Climate Central says climate change is making the 2026 FIFA World Cup Games hotter and has flagged several matches this week that are forecast to be played in climate-change-driven heat.
Among the examples listed, Estádio Dr. Magalhães Pessoa in Portugal is forecast to reach a high of 33.4°C (92.1°F) — above the 28°C athlete performance threshold — with an 11.5°C (20.8°F) departure from normal and a Climate Shift Index of 3. Municipal de La Línea de la Concepción in Spain is also on the list, with a forecast average of 21°C (69.8°F), a departure from normal of 1.2°C (2.2°F) and the same CSI value of 3.
The numbers matter because they link a concrete temperature threshold to athlete outcomes: 28°C is identified as the point above which player performance can be expected to slow, and several fixtures this week sit near or above that line. The departures from normal — 11.5°C at Magalhães Pessoa and 1.2°C at La Línea — show how much these days deviate from historical expectations, not just the absolute temperature on the thermometer.

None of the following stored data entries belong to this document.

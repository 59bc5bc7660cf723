-- ===== src/Tcp/Accept.antt =====
-- The accept queue of a listening connection.
use hobbyos.Base.{
  ℕ, ◌+◌, ◌%◌, ◌<◌, ◌≡◌, refl, ap, ◌∙◌, true, false, none, some, List, [], ◌∷◌, ◌++◌, ltb, ◌==◌,
  if◌then◌else◌, length, set, get_or-modify_self, get_or-modify_keeps, length-modify, arith, ==→ne,
  get_or-modify_ne, Bool-cases, inl, inr,
}
use hobbyos.Base.Words.{flag}
use hobbyos.Ring.Window.{window, window_push}
use hobbyos.Tcp.{Tcp, TcpState, Conn, conn, set_conn, zero_conn, ack, tcp_accept_queue}
use hobbyos.Tcp.Input.{Received, offer, on_syn_received}
use hobbyos.Tcp.Inv.{IsTcp, conn-IsConn, kept}

-- The connections that wait to be accepted, oldest first.
abbrev pub queued : Conn → List ℕ
queued c = window tcp_accept_queue c.accept_queue c.accept_head c.accept_count

-- A connection that is established joins its parent's queue behind the others, if fewer than four
-- wait; otherwise the queue stays as it is.
offer-queued :
    (i q : ℕ) (n : Tcp)
    → IsTcp n
    → q < length n.conns
    → queued (conn (offer i (some q) n) q)
      ≡ (if ltb (conn n q).accept_count 4 then queued (conn n q) ++ (i ∷ []) else queued (conn n q))
unfolding offer
offer-queued i q n t inside = elim (Bool-cases (ltb (conn n q).accept_count 4)) [
  | inr full ↦ rw full refl
  | inl room ↦
      (let c = conn n q in
        let h = conn-IsConn n q t in
        let join : Conn → Conn = λ c. record c {
          accept_queue = set c.accept_queue c.accept_tail i;
          accept_tail = (c.accept_tail + 1) % tcp_accept_queue;
          accept_count = c.accept_count + 1;
        } in
        rw room (
          get_or-modify_keeps queued (set_conn q join n).conns q q
            (λ (c : Conn). record c { blocked_accepter = none }) zero_conn (λ c. refl)
          ∙ ap queued (get_or-modify_self n.conns q join zero_conn inside)
          ∙ ap (λ w. window 4 (set c.accept_queue w i) c.accept_head (c.accept_count + 1))
              h.queue.writer
          ∙ window_push 4 c.accept_queue c.accept_head c.accept_count i
              (omega (arith, h.queue.size)) h.queue.reader (ground (arith, room))))
]

offer-state : (i q : ℕ) (n : Tcp) → (conn (offer i (some q) n) i).state ≡ (conn n i).state
unfolding offer
offer-state i q n = elim (Bool-cases (ltb (conn n q).accept_count 4)) [
  | inr full ↦ rw full refl
  | inl room ↦
      (let join : Conn → Conn = λ c. record c {
        accept_queue = set c.accept_queue c.accept_tail i;
        accept_tail = (c.accept_tail + 1) % tcp_accept_queue;
        accept_count = c.accept_count + 1;
      } in
        let state : Conn → TcpState = λ c. c.state in
        rw room (
          get_or-modify_keeps state (set_conn q join n).conns q i
            (λ (c : Conn). record c { blocked_accepter = none }) zero_conn (λ c. refl)
          ∙ get_or-modify_keeps state n.conns q i join zero_conn (λ c. refl)))
]

-- The acknowledgement that ends the handshake of the connection `i`, a child of `q`: it is
-- established, and joins its parent's accept queue behind the others if fewer than four wait. With
-- four in the queue it is established all the same, and the queue stays as it is.
pub syn_received_lem :
    (i q : ℕ) (s : Received) (n : Tcp)
    → IsTcp n
    → i < length n.conns
    → q < length n.conns
    → (i == q) ≡ false
    → flag s.flags ack ≡ true
    → (conn n i).parent_idx ≡ some q
    → (let n' = on_syn_received i s n in
        ((conn n' i).state ≡ TcpState.established)
        × (queued (conn n' q) ≡ (
            if ltb (conn n q).accept_count 4
            then queued (conn n q) ++ (i ∷ [])
            else queued (conn n q))))
unfolding on_syn_received
syn_received_lem i q s n t hi hq other with_ack parent =
    let open_up : Conn → Conn =
      λ c. record c { snd_una = s.ack_num; state = TcpState.established } in
    let m = set_conn i open_up n in
    let same : conn m q ≡ conn n q =
      get_or-modify_ne n.conns i q open_up zero_conn (==→ne i q other) in
    let t' : IsTcp m = kept n i open_up t (λ c h. record { rx = h.rx; queue = h.queue }) in
    let joins =
      offer-queued i q m t' (rw length-modify hq)
      ∙ ap (λ (c : Conn). if ltb c.accept_count 4 then queued c ++ (i ∷ []) else queued c) same in
    rw with_ack (
      ap (λ p. (conn (offer i p m) i).state) parent
          ∙ offer-state i q m
          ∙ ap (λ (c : Conn). c.state) (get_or-modify_self n.conns i open_up zero_conn hi),
      ap (λ p. queued (conn (offer i p m) q)) parent ∙ joins,
    )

The Climate Shift Index measures how climate change influences temperatures; a CSI of 2 means those conditions were made at least two times as likely by climate change. Climate Central has built an information hub to explore how rising heat could slow down player performance across all of the 2026 World Cup matches and to track heat risks as they develop.
There is, however, a complication worth noting. A CSI of 3 appears alongside both sites, yet one venue — Estádio Dr. Magalhães Pessoa — is forecast well above the 28°C athlete threshold while Municipal de La Línea de la Concepción is not. That reveals a gap between attribution and immediate player risk: a higher CSI signals a stronger climate-driven change in likelihood, but it does not translate directly into the same on-field heat outcome at every venue on the same day. In short, stronger climate influence does not mean identical local temperatures or identical risks to athletes.
Practically speaking, the combination of a forecast above 28°C and a large departure from normal at Magalhães Pessoa suggests a clear short-term risk to players in matches held there: higher temperatures are linked to slower performance across the tournament, and the Portuguese venue meets both the threshold and an unusually large anomaly. Other listed matches this week may sit below the threshold yet still carry elevated climate attribution, which complicates how teams and organizers assess day-to-day risk.
What remains unresolved is which specific 2026 World Cup matches will face the worst heat overall. Climate Central’s hub is positioned as the ongoing tool to follow those developments and to watch how attribution and forecasted highs converge as the tournament approaches. For readers and teams wanting a running read on heat risk, that hub is the place to monitor, because CSI values, departures from normal and absolute temperatures will continue to shift — and the single match-level map of greatest risk has not been fully spelled out yet.